Na początku tygodnia niemałą burzę wywołała wypowiedź wicepremiera Jacka Sasina, który w wywiadzie dla Programu Pierwszego Polskiego Radia zarzucił lekarzom i pracownikom ochrony zdrowia brak zaangażowania w walce z epidemią koronawirusa.
- Oczywiście występują problemy, tym problemem jest chociażby zaangażowanie personelu medycznego, lekarzy. Niestety występuje taki problem jak brak woli części środowiska lekarskiego - chcę to podkreślić wyraźnie, części. Oczywiście bardzo wielu lekarzy, pielęgniarek, personelu medycznego z wielkim poświęceniem wykonuje swoje obowiązki, ale część tych obowiązków wykonywać nie chce - stwierdził minister aktywów państwowych.

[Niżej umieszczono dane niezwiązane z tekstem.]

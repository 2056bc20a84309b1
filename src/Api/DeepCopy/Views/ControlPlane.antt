-- ===== src/Api/DeepCopy/Views/ControlPlane.antt =====
-- The views of CCEManagedControlPlane and its parts.
use cluster_api_provider_cce.Prelude.{String, Bool, refl, Option}
use cluster_api_provider_cce.Memory.Copies.{Copied, plain}
use cluster_api_provider_cce.Memory.Copies.Lists.{list}
use cluster_api_provider_cce.Memory.Copies.Pointers.{pointer}
use cluster_api_provider_cce.Memory.Copies.Structs.{both, struct, Fieldwise}
use cluster_api_provider_cce.Api.Meta.{ObjectReference, ApiEndpoint}
use cluster_api_provider_cce.Api.Memory.{
  Layouts, Address, TypeMeta, NetworkStatus, ControlPlaneSpec, ControlPlaneStatus,
  ManagedControlPlane, ManagedControlPlaneList,
}
use cluster_api_provider_cce.Api.Memory.Cells.{Cell}
use cluster_api_provider_cce.Api.DeepCopy.{Library}
use cluster_api_provider_cce.Api.Memory.Kinds.{
  text_kind, flag_kind, reference_kind, endpoint_access_kind, conditions_kind, control_planes_kind,
}
use cluster_api_provider_cce.Api.DeepCopy.ControlPlane.{
  copy_control_plane_spec_into, copy_control_plane_status_into, copy_control_plane_into,
  copy_control_plane_list_into,
}
use cluster_api_provider_cce.Api.DeepCopy.Views.{network_spec_view, endpoint_access_view}

module _ {L : Layouts} where
  pub copy_control_plane_spec-fields :
      Fieldwise
        (both (pointer (plain {X = Cell L} ObjectReference) (reference_kind {L = L})) (
          both (pointer (plain {X = Cell L} String) (text_kind {L = L})) (
            both (plain {X = Cell L} String) (
              both (pointer (plain {X = Cell L} String) (text_kind {L = L})) (
                both (pointer (plain {X = Cell L} String) (text_kind {L = L})) (
                  both (network_spec_view) (
                    both
                      (pointer (endpoint_access_view) (endpoint_access_kind {L = L}))
                      (plain {X = Cell L} ApiEndpoint))))))))
        (λ t. (
          t.identity_ref,
          (
            t.project,
            (
              t.region,
              (
                t.version,
                (t.flavor, (t.network_spec, (t.endpoint_access, t.control_plane_endpoint))),
              ),
            ),
          ),
        ))
        (λ t. record {
          identity_ref = t.0;
          project = t.1.0;
          region = t.1.1.0;
          version = t.1.1.1.0;
          flavor = t.1.1.1.1.0;
          network_spec = t.1.1.1.1.1.0;
          endpoint_access = t.1.1.1.1.1.1.0;
          control_plane_endpoint = t.1.1.1.1.1.1.1;
        })
        copy_control_plane_spec_into
  unfolding copy_control_plane_spec_into
  copy_control_plane_spec-fields t h = refl

  abbrev pub control_plane_spec_view :
      Copied (Cell L) (ControlPlaneSpec Address) (ControlPlaneSpec Option)
  control_plane_spec_view =
      struct
        (both (pointer (plain {X = Cell L} ObjectReference) (reference_kind {L = L})) (
          both (pointer (plain {X = Cell L} String) (text_kind {L = L})) (
            both (plain {X = Cell L} String) (
              both (pointer (plain {X = Cell L} String) (text_kind {L = L})) (
                both (pointer (plain {X = Cell L} String) (text_kind {L = L})) (
                  both (network_spec_view) (
                    both (pointer (endpoint_access_view) (endpoint_access_kind {L = L}))
                      (plain {X = Cell L} ApiEndpoint))))))))
        (λ t. (
          t.identity_ref,
          (
            t.project,
            (
              t.region,
              (
                t.version,
                (t.flavor, (t.network_spec, (t.endpoint_access, t.control_plane_endpoint))),
              ),
            ),
          ),
        ))
        (λ t. record {
          identity_ref = t.0;
          project = t.1.0;
          region = t.1.1.0;
          version = t.1.1.1.0;
          flavor = t.1.1.1.1.0;
          network_spec = t.1.1.1.1.1.0;
          endpoint_access = t.1.1.1.1.1.1.0;
          control_plane_endpoint = t.1.1.1.1.1.1.1;
        })
        (λ t. (
          t.identity_ref,
          (
            t.project,
            (
              t.region,
              (
                t.version,
                (t.flavor, (t.network_spec, (t.endpoint_access, t.control_plane_endpoint))),
              ),
            ),
          ),
        ))
        copy_control_plane_spec_into (λ t. refl) copy_control_plane_spec-fields

module _ {L V : Layouts} (lib : Library L V) where
  pub copy_control_plane_status-fields :
      Fieldwise
        (both (plain {X = Cell L} NetworkStatus) (
          both (pointer (plain {X = Cell L} Bool) (flag_kind {L = L})) (
            both (plain {X = Cell L} Bool) (
              both (plain {X = Cell L} Bool) (
                both
                  (pointer (plain {X = Cell L} String) (text_kind {L = L}))
                  (pointer (list lib.condition) (conditions_kind {L = L})))))))
        (λ t. (
          t.network,
          (
            t.external_managed_control_plane,
            (t.initialized, (t.ready, (t.failure_message, t.conditions))),
          ),
        ))
        (λ t. record {
          network = t.0;
          external_managed_control_plane = t.1.0;
          initialized = t.1.1.0;
          ready = t.1.1.1.0;
          failure_message = t.1.1.1.1.0;
          conditions = t.1.1.1.1.1;
        })
        (copy_control_plane_status_into lib)
  unfolding copy_control_plane_status_into
  copy_control_plane_status-fields t h = refl

  abbrev pub control_plane_status_view :
      Copied (Cell L) (ControlPlaneStatus L Address) (ControlPlaneStatus V Option)
  control_plane_status_view =
      struct
        (both (plain {X = Cell L} NetworkStatus) (
          both (pointer (plain {X = Cell L} Bool) (flag_kind {L = L})) (
            both (plain {X = Cell L} Bool) (
              both (plain {X = Cell L} Bool) (
                both (pointer (plain {X = Cell L} String) (text_kind {L = L}))
                  (pointer (list lib.condition) (conditions_kind {L = L})))))))
        (λ t. (
          t.network,
          (
            t.external_managed_control_plane,
            (t.initialized, (t.ready, (t.failure_message, t.conditions))),
          ),
        ))
        (λ t. record {
          network = t.0;
          external_managed_control_plane = t.1.0;
          initialized = t.1.1.0;
          ready = t.1.1.1.0;
          failure_message = t.1.1.1.1.0;
          conditions = t.1.1.1.1.1;
        })
        (λ t. (
          t.network,
          (
            t.external_managed_control_plane,
            (t.initialized, (t.ready, (t.failure_message, t.conditions))),
          ),
        ))
        (copy_control_plane_status_into lib) (λ t. refl) copy_control_plane_status-fields

  pub copy_control_plane-fields :
      Fieldwise
        (both
          (plain {X = Cell L} TypeMeta)
          (both (lib.meta) (both (control_plane_spec_view) (control_plane_status_view))))
        (λ t. (t.type_meta, (t.meta, (t.spec, t.status))))
        (λ t. record { type_meta = t.0; meta = t.1.0; spec = t.1.1.0; status = t.1.1.1 })
        (copy_control_plane_into lib)
  unfolding copy_control_plane_into
  copy_control_plane-fields t h = refl

  abbrev pub control_plane_view :
      Copied (Cell L) (ManagedControlPlane L Address) (ManagedControlPlane V Option)
  control_plane_view =
      struct
        (both (plain {X = Cell L} TypeMeta)
          (both (lib.meta) (both (control_plane_spec_view) (control_plane_status_view))))
        (λ t. (t.type_meta, (t.meta, (t.spec, t.status))))
        (λ t. record { type_meta = t.0; meta = t.1.0; spec = t.1.1.0; status = t.1.1.1 })
        (λ t. (t.type_meta, (t.meta, (t.spec, t.status)))) (copy_control_plane_into lib) (λ t. refl)
        copy_control_plane-fields

  pub copy_control_plane_list-fields :
      Fieldwise
        (both
          (plain {X = Cell L} TypeMeta)
          (both (lib.list_meta) (pointer (list control_plane_view) (control_planes_kind {L = L}))))
        (λ t. (t.type_meta, (t.list_meta, t.items)))
        (λ t. record { type_meta = t.0; list_meta = t.1.0; items = t.1.1 })
        (copy_control_plane_list_into lib)
  unfolding copy_control_plane_list_into
  copy_control_plane_list-fields t h = refl

  abbrev pub control_plane_list_view :
      Copied (Cell L) (ManagedControlPlaneList L Address) (ManagedControlPlaneList V Option)
  control_plane_list_view =
      struct
        (both (plain {X = Cell L} TypeMeta)
          (both (lib.list_meta) (pointer (list control_plane_view) (control_planes_kind {L = L}))))
        (λ t. (t.type_meta, (t.list_meta, t.items)))
        (λ t. record { type_meta = t.0; list_meta = t.1.0; items = t.1.1 })
        (λ t. (t.type_meta, (t.list_meta, t.items))) (copy_control_plane_list_into lib) (λ t. refl)
        copy_control_plane_list-fields
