-- ===== src/Api/DeepCopy/MachinePool.antt =====
-- Deep copies of CCEManagedMachinePool and its parts, in zz_generated.deepcopy.go.
use cluster_api_provider_cce.Memory.{Pointer, Mem, pure, ◌>>=◌}
use cluster_api_provider_cce.Memory.Copies.{new_copy, copy_all}
use cluster_api_provider_cce.Api.Memory.{
  Layouts, Address, MachinePoolSpec, MachinePoolStatus, ManagedMachinePool, ManagedMachinePoolList,
}
use cluster_api_provider_cce.Api.Memory.Cells.{Cell}
use cluster_api_provider_cce.Api.DeepCopy.{Library}
use cluster_api_provider_cce.Api.Memory.Kinds.{
  text_kind, number_kind, volume_kind, volumes_kind, pairs_kind, taints_kind, slice_kind,
  subnet_kind, strings_kind, conditions_kind, machine_pool_spec_kind, machine_pool_status_kind,
  machine_pool_kind, machine_pools_kind, machine_pool_list_kind,
}
use cluster_api_provider_cce.Api.DeepCopy.Structs.{copy_taint_into}

module _ {L : Layouts} where
  unfoldable pub copy_machine_pool_spec_into :
      MachinePoolSpec Address → Mem (Cell L) (MachinePoolSpec Address)
  copy_machine_pool_spec_into spec = do
    replicas ← new_copy number_kind pure spec.replicas
    flavor ← new_copy text_kind pure spec.flavor
    runtime ← new_copy text_kind pure spec.runtime
    ssh_key_name ← new_copy text_kind pure spec.ssh_key_name
    root_volume ← new_copy volume_kind pure spec.root_volume
    data_volumes ← new_copy volumes_kind pure spec.data_volumes
    labels ← new_copy pairs_kind pure spec.labels
    taints ← new_copy slice_kind (new_copy taints_kind (copy_all copy_taint_into)) spec.taints
    subnet ← new_copy subnet_kind pure spec.subnet
    provider_id_list ← new_copy strings_kind pure spec.provider_id_list
    pure (record {
      replicas = replicas;
      flavor = flavor;
      runtime = runtime;
      ssh_key_name = ssh_key_name;
      root_volume = root_volume;
      data_volumes = data_volumes;
      labels = labels;
      taints = taints;
      subnet = subnet;
      provider_id_list = provider_id_list;
    })

  unfoldable pub copy_machine_pool_spec : Pointer → Mem (Cell L) Pointer
  copy_machine_pool_spec = new_copy machine_pool_spec_kind copy_machine_pool_spec_into

module _ {L V : Layouts} (lib : Library L V) where
  unfoldable pub copy_machine_pool_status_into :
      MachinePoolStatus L Address → Mem (Cell L) (MachinePoolStatus L Address)
  copy_machine_pool_status_into status = do
    failure_reason ← new_copy text_kind pure status.failure_reason
    failure_message ← new_copy text_kind pure status.failure_message
    conditions ← new_copy conditions_kind (copy_all lib.condition.copy) status.conditions
    pure (record status {
      failure_reason = failure_reason;
      failure_message = failure_message;
      conditions = conditions;
    })

  unfoldable pub copy_machine_pool_status : Pointer → Mem (Cell L) Pointer
  copy_machine_pool_status = new_copy machine_pool_status_kind copy_machine_pool_status_into

  unfoldable pub copy_machine_pool_into :
      ManagedMachinePool L Address → Mem (Cell L) (ManagedMachinePool L Address)
  copy_machine_pool_into x = do
    meta ← lib.meta.copy x.meta
    spec ← copy_machine_pool_spec_into x.spec
    status ← copy_machine_pool_status_into x.status
    pure (record x { meta = meta; spec = spec; status = status })

  unfoldable pub copy_machine_pool : Pointer → Mem (Cell L) Pointer
  copy_machine_pool = new_copy machine_pool_kind copy_machine_pool_into

  unfoldable pub copy_machine_pool_list_into :
      ManagedMachinePoolList L Address → Mem (Cell L) (ManagedMachinePoolList L Address)
  copy_machine_pool_list_into x = do
    list_meta ← lib.list_meta.copy x.list_meta
    items ← new_copy machine_pools_kind (copy_all copy_machine_pool_into) x.items
    pure (record x { list_meta = list_meta; items = items })

  unfoldable pub copy_machine_pool_list : Pointer → Mem (Cell L) Pointer
  copy_machine_pool_list = new_copy machine_pool_list_kind copy_machine_pool_list_into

"Pana wypowiedź jest policzkiem wymierzonym całemu środowisku i podważa zaufanie do zawodu lekarza i lekarza dentysty" - napisał w liście do polityka prof. Andrzej Matyja, prezes Naczelnej Izby Lekarskiej, żądając jednocześnie przeprosin.
Lekarzom, którym rzekomo "brakuje zaangażowania" materiał poświęciły również Wiadomości TVP, powtarzając niejako tezy polityka PiS.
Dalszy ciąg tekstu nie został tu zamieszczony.